◆ Data for review

-- ===== src/Screen/Segments/Cuts.antt =====
-- What a round of the box loop does, and more input behind it.
use cast_app.Common.{
  ℕ, ◌+◌, ◌*◌, ◌^◌, ◌≤◌, ◌<◌, ◌≡◌, refl, ap, ◌∙◌, ◌⊎◌, true, false, ◌||◌, List, ◌++◌, length,
  get_or-append, length-append, ltb, ◌==◌, Bool-cases, inl, inr, arith,
}
use cast_app.Screen.Segments.{
  max_box_bytes, EncodedSegment, Mp4Segmenter, enter_opaque, stop, next, split_box, sized, be32_at,
  with_size, round,
}

-- More bytes behind the pending ones.
abbrev pub extend : Mp4Segmenter → List ℕ → Mp4Segmenter
extend s b = record s { pending = s.pending ++ b }

be32_at-append : (i : ℕ) (p b : List ℕ) → i + 4 ≤ length p → be32_at i (p ++ b) ≡ be32_at i p
be32_at-append i p b h =
    rw
      (
        get_or-append p b i 0 (omega arith),
        get_or-append p b (i + 1) 0 (omega arith),
        get_or-append p b (i + 2) 0 (omega arith),
        get_or-append p b (i + 3) 0 (omega arith),
      )
      refl

pub long_round :
    (s : Mp4Segmenter) (out : List EncodedSegment)
    → 8 ≤ length s.pending
    → round s out ≡ with_size (be32_at 0 s.pending) s out
unfolding round
long_round s out h = rw (at_least (length s.pending) 8 h) refl
  where
    at_least : (a b : ℕ) → b ≤ a → ltb a b ≡ false
    at_least a b h = ground arith

pub sized_next :
    (header_len total : ℕ) (s : Mp4Segmenter) (out : List EncodedSegment)
    → header_len ≤ total
    → total ≤ max_box_bytes
    → total ≤ length s.pending
    → sized header_len total s out ≡ next (split_box total s out)
unfolding sized
sized_next header_len total s out a b c =
    rw
      (
        at_least total header_len a,
        at_least max_box_bytes total b,
        at_least (length s.pending) total c,
      )
      refl
  where
    at_least : (a b : ℕ) → b ≤ a → ltb a b ≡ false
    at_least a b h = ground arith

-- A whole box stands at the front, of `total` bytes.
abbrev pub HasBox : ℕ → Mp4Segmenter → Type 0
HasBox total s =
    (8 ≤ total)
    × (total ≤ length s.pending)
    × ((b : List ℕ) (out : List EncodedSegment)
        → round (extend s b) out ≡ next (split_box total (extend s b) out))

-- The three ends of a round, whatever was put out before it.
abbrev pub View : Mp4Segmenter → Type 0
View s =
    ((out : List EncodedSegment) → round s out ≡ stop (s, out))
    ⊎ ((out : List EncodedSegment) → round s out ≡ stop (enter_opaque s out))
    ⊎ ((total : ℕ) × HasBox total s)

sized-View :
    (header_len total : ℕ) (s : Mp4Segmenter)
    → 8 ≤ header_len
    → ((out : List EncodedSegment) → round s out ≡ sized header_len total s out)
    → ((b : List ℕ) (out : List EncodedSegment)
        → round (extend s b) out ≡ sized header_len total (extend s b) out)
    → View s
sized-View header_len total s h e more =
    elim (Bool-cases (ltb total header_len || ltb max_box_bytes total)) [
      | inl bad ↦ inr (inl (λ out. e out ∙ unfold_bad bad out))
      | inr good ↦ elim (Bool-cases (ltb (length s.pending) total)) [
        | inl short ↦ inl (λ out. e out ∙ unfold_short good short out)
        | inr whole ↦ inr (
            inr (
              total,
              (
                ground arith,
                ground arith,
                λ b out.
                    more b out
                    ∙ sized_next header_len total (extend s b) out (ground arith) (ground arith)
                        (ground (arith, length-append s.pending b)),
              ),
            ))
      ]
    ]
  where
    unfold_bad :
        ltb total header_len || ltb max_box_bytes total ≡ true
        → (out : List EncodedSegment) → sized header_len total s out ≡ stop (enter_opaque s out)
    unfold_bad bad out = unfold sized in rw bad refl

    unfold_short :
        ltb total header_len || ltb max_box_bytes total ≡ false
        → ltb (length s.pending) total ≡ true
        → (out : List EncodedSegment) → sized header_len total s out ≡ stop (s, out)
    unfold_short good short out = unfold sized in rw (good, short) refl

-- A header that is complete in the pending bytes is the same with more bytes.
with_size-View : (s : Mp4Segmenter) → 8 ≤ length s.pending → View s
with_size-View s h = elim (Bool-cases (size == 0)) [
  | inl zero_size ↦ inr (inl (λ out. here out ∙ unfold_zero zero_size out))
  | inr nonzero ↦ elim (Bool-cases (size == 1)) [
    | inl large ↦ elim (Bool-cases (ltb (length s.pending) 16)) [
      | inl short ↦ inl (λ out. here out ∙ unfold_short nonzero large short out)
      | inr enough ↦
          sized-View 16 (large_size s.pending) s (omega arith)
            (λ out. here out ∙ unfold_large s nonzero large enough out)
            (λ b out.
              there b out
              ∙ unfold_large (extend s b) nonzero large (ground (arith, length-append s.pending b))
                  out
              ∙ ap (λ (t : ℕ). sized 16 t (extend s b) out) (large_size-append b (ground arith)))
    ]
    | inr other ↦ elim (Bool-cases (ltb size 8)) [
      | inl tiny ↦ inr (inl (λ out. here out ∙ unfold_tiny nonzero other tiny out))
      | inr fits ↦
          sized-View 8 size s (omega arith)
            (λ out. here out ∙ unfold_plain s nonzero other fits out)
            (λ b out. there b out ∙ unfold_plain (extend s b) nonzero other fits out)
    ]
  ]
]
  where
    size : ℕ
    size = be32_at 0 s.pending

    large_size : List ℕ → ℕ
    large_size p = be32_at 8 p * 2 ^ 32 + be32_at 12 p

    large_size-append :
        (b : List ℕ) → 16 ≤ length s.pending → large_size (s.pending ++ b) ≡ large_size s.pending
    large_size-append b h =
        rw (be32_at-append 8 s.pending b (omega arith), be32_at-append 12 s.pending b (omega arith))
          refl

    here : (out : List EncodedSegment) → round s out ≡ with_size size s out
    here out = long_round s out h

    there :
        (b : List ℕ) (out : List EncodedSegment)
        → round (extend s b) out ≡ with_size size (extend s b) out
    there b out =
        long_round (extend s b) out (omega (arith, length-append s.pending b))
        ∙ ap (λ (t : ℕ). with_size t (extend s b) out) (be32_at-append 0 s.pending b (omega arith))

    unfold_zero :
        (size == 0) ≡ true
        → (out : List EncodedSegment) → with_size size s out ≡ stop (enter_opaque s out)
    unfold_zero z out = unfold with_size in rw z refl

    unfold_short :
        (size == 0) ≡ false
        → (size == 1) ≡ true
        → ltb (length s.pending) 16 ≡ true
        → (out : List EncodedSegment) → with_size size s out ≡ stop (s, out)
    unfold_short a b c out = unfold with_size in rw (a, b, c) refl

    unfold_large :
        (s' : Mp4Segmenter)
        → (size == 0) ≡ false
        → (size == 1) ≡ true
        → ltb (length s'.pending) 16 ≡ false
        → (out : List EncodedSegment)
        → with_size size s' out ≡ sized 16 (large_size s'.pending) s' out
    unfold_large s' a b c out = unfold with_size in rw (a, b, c) refl

    unfold_tiny :
        (size == 0) ≡ false
        → (size == 1) ≡ false
        → ltb size 8 ≡ true
        → (out : List EncodedSegment) → with_size size s out ≡ stop (enter_opaque s out)
    unfold_tiny a b c out = unfold with_size in rw (a, b, c) refl

    unfold_plain :
        (s' : Mp4Segmenter)
        → (size == 0) ≡ false
        → (size == 1) ≡ false
        → ltb size 8 ≡ false
        → (out : List EncodedSegment) → with_size size s' out ≡ sized 8 size s' out
    unfold_plain s' a b c out = unfold with_size in rw (a, b, c) refl

-- Fewer than 8 bytes are no header.
pub short_round :
    (s : Mp4Segmenter) (out : List EncodedSegment)
    → length s.pending < 8
    → round s out ≡ stop (s, out)
unfolding round
short_round s out h = rw (below h) refl
  where
    below : length s.pending < 8 → ltb (length s.pending) 8 ≡ true
    below h = ground arith

-- Every round ends in one of the three ways.
pub round-View : (s : Mp4Segmenter) → View s
round-View s = elim (Bool-cases (ltb (length s.pending) 8)) [
  | inl short ↦ inl (λ out. unfold_short short out)
  | inr long ↦ with_size-View s (ground arith)
]
  where
    unfold_short :
        ltb (length s.pending) 8 ≡ true → (out : List EncodedSegment) → round s out ≡ stop (s, out)
    unfold_short e out = unfold round in rw e refl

◆ What to produce
For every line of the records that has the word "omega" in it, make a copy.

◆ The answer
        get_or-append p b i 0 (omega arith),
        get_or-append p b (i + 1) 0 (omega arith),
        get_or-append p b (i + 2) 0 (omega arith),
        get_or-append p b (i + 3) 0 (omega arith),
          sized-View 16 (large_size s.pending) s (omega arith)
          sized-View 8 size s (omega arith)
        rw (be32_at-append 8 s.pending b (omega arith), be32_at-append 12 s.pending b (omega arith))
        long_round (extend s b) out (omega (arith, length-append s.pending b))
        ∙ ap (λ (t : ℕ). with_size t (extend s b) out) (be32_at-append 0 s.pending b (omega arith))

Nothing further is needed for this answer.